Entwicklungsbank senkt Wachstumsprognose
Wien - Die Schuldenkrise stoppt nicht an den Grenzen der Euroländer. Die
Europäische Bank für Wiederaufbau und Entwicklung (EBRD) bestätigte gestern in
Wien ihren negativen Ausblick für Mittel- und Osteuropa sowie Zentralasien und
rechnet 2012 mit einem durchschnittlichen Wachstum von 3,1 Prozent. Im Vorjahr
dürfte die Region 4,8 Prozent gewachsen sein.

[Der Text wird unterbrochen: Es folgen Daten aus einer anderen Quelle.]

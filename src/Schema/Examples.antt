-- ===== src/Schema/Examples.antt =====
-- The theorems at a schema of two columns.
use synthgen_core.Prelude.{
  ℕ, ◌+◌, text, text_eq, text_mem, true, false, ◌≡◌, ◌↔◌, refl, ◌⊎◌, none, some, List, [], ◌∷◌, All,
  if◌then◌else◌,
}
use synthgen_core.Prelude.Int.{pos, negsuc}
use synthgen_core.Common.Result.{ok, FailsWith, duplicate_type_name}
use synthgen_core.Common.Types.{ColumnDef, datetime, float}
use synthgen_core.Common.Sample.{whole}
use synthgen_core.Schema.{
  Schema, DefineTypeStmt, SchemaRegistry, validate, build, find_column, column_index, has_schema,
  get_schema, register_schema, check_columns, check_range, check_enum, check_orders, find_in,
  order_names,
}
use synthgen_core.Schema.Validate.{IsWellFormed, validate_iff, build_iff}
use synthgen_core.Schema.Columns.{NotNamed, IsFirst, find_column-column_index}
use synthgen_core.Schema.Registry.{get_schema-register_schema}

abbrev columns : List (ColumnDef ℕ)
columns =
    record {
      name = text "at";
      type = datetime;
      not_null = true;
      is_order = true;
      range_min = none;
      range_max = none;
      enum_values = [];
    }
    ∷ record {
      name = text "speed";
      type = float;
      not_null = false;
      is_order = false;
      range_min = some 0;
      range_max = some 50;
      enum_values = [];
    }
    ∷ []

abbrev sensor_log : Schema ℕ
sensor_log = record { type_name = text "sensor_log"; columns = columns }

abbrev sensor_type : DefineTypeStmt ℕ
sensor_type = record { type_name = text "sensor_log"; columns = columns }

sensor_log_valid : validate sensor_log ≡ ok tt
unfolding validate check_columns check_range check_enum check_orders find_column find_in order_names
    text text_eq text_mem
sensor_log_valid = refl

validate_iff_example : (validate sensor_log ≡ ok tt) ↔ IsWellFormed sensor_log
validate_iff_example = validate_iff sensor_log

build_iff_example : (build sensor_type ≡ ok sensor_log) ↔ (
    (sensor_log.type_name ≡ sensor_type.type_name)
    × (sensor_log.columns ≡ sensor_type.columns)
    × IsWellFormed sensor_log)
build_iff_example = build_iff sensor_type sensor_log

find_column-column_index_example :
    ((find_column sensor_log (text "speed") ≡ none)
      × (column_index sensor_log (text "speed") ≡ negsuc 0)
      × All (NotNamed (text "speed")) sensor_log.columns)
    ⊎ ((k : ℕ) × (c : ColumnDef ℕ) × (find_column sensor_log (text "speed") ≡ some c)
        × (column_index sensor_log (text "speed") ≡ pos (0 + k))
        × IsFirst (text "speed") sensor_log.columns k c)
find_column-column_index_example = find_column-column_index sensor_log (text "speed")

abbrev empty : SchemaRegistry ℕ
empty = record { schemas = [] }

get_schema-register_schema_example :
    let (result, after) = register_schema sensor_log empty in
    ((has_schema empty sensor_log.type_name ≡ true)
      × FailsWith duplicate_type_name result
      × (after ≡ empty))
    ⊎ ((has_schema empty sensor_log.type_name ≡ false)
        × (result ≡ ok tt)
        × (get_schema after (text "other") ≡ (
            if text_eq sensor_log.type_name (text "other")
            then ok sensor_log
            else get_schema empty (text "other"))))
get_schema-register_schema_example = get_schema-register_schema sensor_log empty (text "other")
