-- ===== src/Event/Posts.antt =====
-- What the posts of other threads make of the queue of src/akira/kernel/event.c, read as a list.
use akira_os.Prelude.{
  ℕ, zero, suc, ◌+◌, ◌-◌, ◌<◌, ◌≤◌, ◌≡◌, refl, sym, ap, ◌∙◌, inl, inr, true, Option, none, some,
  List, [], ◌∷◌, ◌++◌, arith, take, length, length-append, length-take, append_assoc, append-nil,
}
use akira_os.Event.{Event, EventSys, queue_size, dequeue, akira_event_post}
use akira_os.Event.Ring.{length-ring_read}
use akira_os.Event.Invariant.{IsValid, contents, contents-post, post-IsValid}

-- Other threads post events, one after another.
abbrev pub post_all : List Event → EventSys → EventSys
post_all [] s = s
post_all (e ∷ es) s = post_all es (akira_event_post s (some e)).1

-- What a queue of 32 places holds after these posts: those for which there is room are taken.
abbrev pub admit : List Event → List Event → List Event
admit q es = q ++ take (queue_size - length q) es

-- The events that leave such a queue, where before each of them some are posted, until it is empty; `none`
-- if it is not empty after the last of the given posts.
abbrev pub serve : List (List Event) → List Event → Option (List Event)
serve [] q = none
serve (es ∷ posts) q = elim (admit q es) [
  | [] ↦ some []
  | e ∷ q' ↦ elim (serve posts q') [ none ↦ none | some out ↦ some (e ∷ out) ]
]

-- How many events are posted.
abbrev pub posted : List (List Event) → ℕ
posted [] = 0
posted (es ∷ posts) = length es + posted posts

admit-more :
    (q : List Event) (e : Event) (es : List Event)
    → length q < queue_size
    → admit (q ++ e ∷ []) es ≡ admit q (e ∷ es)
admit-more q e es lt =
    append_assoc q (e ∷ []) (take (queue_size - length (q ++ e ∷ [])) es)
    ∙ ap (λ n. q ++ take n (e ∷ es)) {x = suc (queue_size - length (q ++ e ∷ []))}
        {y = queue_size - length q} (omega (arith, length-append q (e ∷ [])))

admit-full :
    (q : List Event) (e : Event) (es : List Event)
    → queue_size ≤ length q
    → admit q es ≡ admit q (e ∷ es)
admit-full q e es le =
    ap (λ n. q ++ take n es) {x = queue_size - length q} {y = 0} (omega arith)
    ∙ ap (λ n. q ++ take n (e ∷ es)) {x = 0} {y = queue_size - length q} (omega arith)

-- What posts leave as it was, and what they make of the queue.
pub record Posted (es : List Event) (s s' : EventSys) : Type 0 where
  pub now_holds : contents s' ≡ admit (contents s) es
  pub valid : IsValid s'
  pub same_subscriptions : s'.subscriptions ≡ s.subscriptions
  pub still_on : s'.initialized ≡ true

post-Kept :
    (s : EventSys) (e : Event)
    → ((akira_event_post s (some e)).1.subscriptions ≡ s.subscriptions)
      × ((akira_event_post s (some e)).1.initialized ≡ s.initialized)
unfolding akira_event_post
post-Kept s e = (ground arith, ground arith)

take_nothing : (n : ℕ) → take {A = Event} n [] ≡ []
take_nothing zero = refl
take_nothing (suc n) = refl

admit_nothing : (q : List Event) → admit q [] ≡ q
admit_nothing q = ap (λ x. q ++ x) (take_nothing (queue_size - length q)) ∙ append-nil q

pub post_all-Posted :
    (es : List Event) (s : EventSys)
    → IsValid s
    → s.initialized ≡ true
    → Posted es s (post_all es s)
post_all-Posted [] s v on = record {
  now_holds = sym (admit_nothing (contents s));
  valid = v;
  same_subscriptions = refl;
  still_on = on;
}
post_all-Posted (e ∷ es) s v on =
    let s' = (akira_event_post s (some e)).1 in
    let kept = post-Kept s e in
    let ih = post_all-Posted es s' (post-IsValid {s = s} (some e) v) (kept.1 ∙ on) in
    let count = length-ring_read s.queue s.queue_head s.queue_count in
    let holds : admit (contents s') es ≡ admit (contents s) (e ∷ es) =
      elim (contents-post {s = s} e v on) [
        | inl (room, r, more) ↦
            ap (λ q. admit q es) more ∙ admit-more (contents s) e es (omega (arith, count))
        | inr (full, r, same) ↦
            ap (λ x. admit (contents x) es) same
            ∙ admit-full (contents s) e es (omega (arith, count))
      ] in
    record {
      now_holds = ih.now_holds ∙ holds;
      valid = ih.valid;
      same_subscriptions = ih.same_subscriptions ∙ kept.0;
      still_on = ih.still_on;
    }

-- Each round takes one event more than it may find posted, counted over all rounds.
pub fewer :
    (es : List Event) (posts : List (List Event)) (s s1 : EventSys)
    → Posted es s s1
    → 0 < s1.queue_count
    → s.queue_count + posted (es ∷ posts) < length (es ∷ posts)
    → (dequeue s1).1.queue_count + posted posts < length posts
unfolding dequeue
fewer es posts s s1 p some_left enough = omega (
  arith,
  length-ring_read s1.queue s1.queue_head s1.queue_count,
  length-ring_read s.queue s.queue_head s.queue_count,
  ap length p.now_holds,
  length-append (contents s) (take (queue_size - length (contents s)) es),
  length-take (queue_size - length (contents s)) es,
)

Besonders in Staaten mit starker wirtschaftlicher Verflechtung zur EU sieht
die EBRD für 2012 Wachstumseinbrüche. Ungarn und Slowenien werden ihrer
Einschätzung nach sogar in eine Rezession abdriften und um 1,5 bzw. 1,1 Prozent
schrumpfen. Dem baldigen EU-Mitglied Kroatien wird ein schwaches Wachstum von
rund einem Prozent prognostiziert, im Durchschnitt sollen zentraleuropäische und
baltische Staaten um nur 1,4 Prozent wachsen, das sind zwei Prozentpunkte
weniger als 2011.
"Die Liquiditätsprobleme der EU-Staaten haben die Situation komplett
verändert", so der stellvertretende EBRD-Chefökonom Jeromin Zettelmeyer. Auch in
Südosteuropa und den Ländern am Kaukasus gehen die Experten der Entwicklungsbank
davon aus, dass die Turbulenzen in der Eurozone weitere Kreise ziehen werden.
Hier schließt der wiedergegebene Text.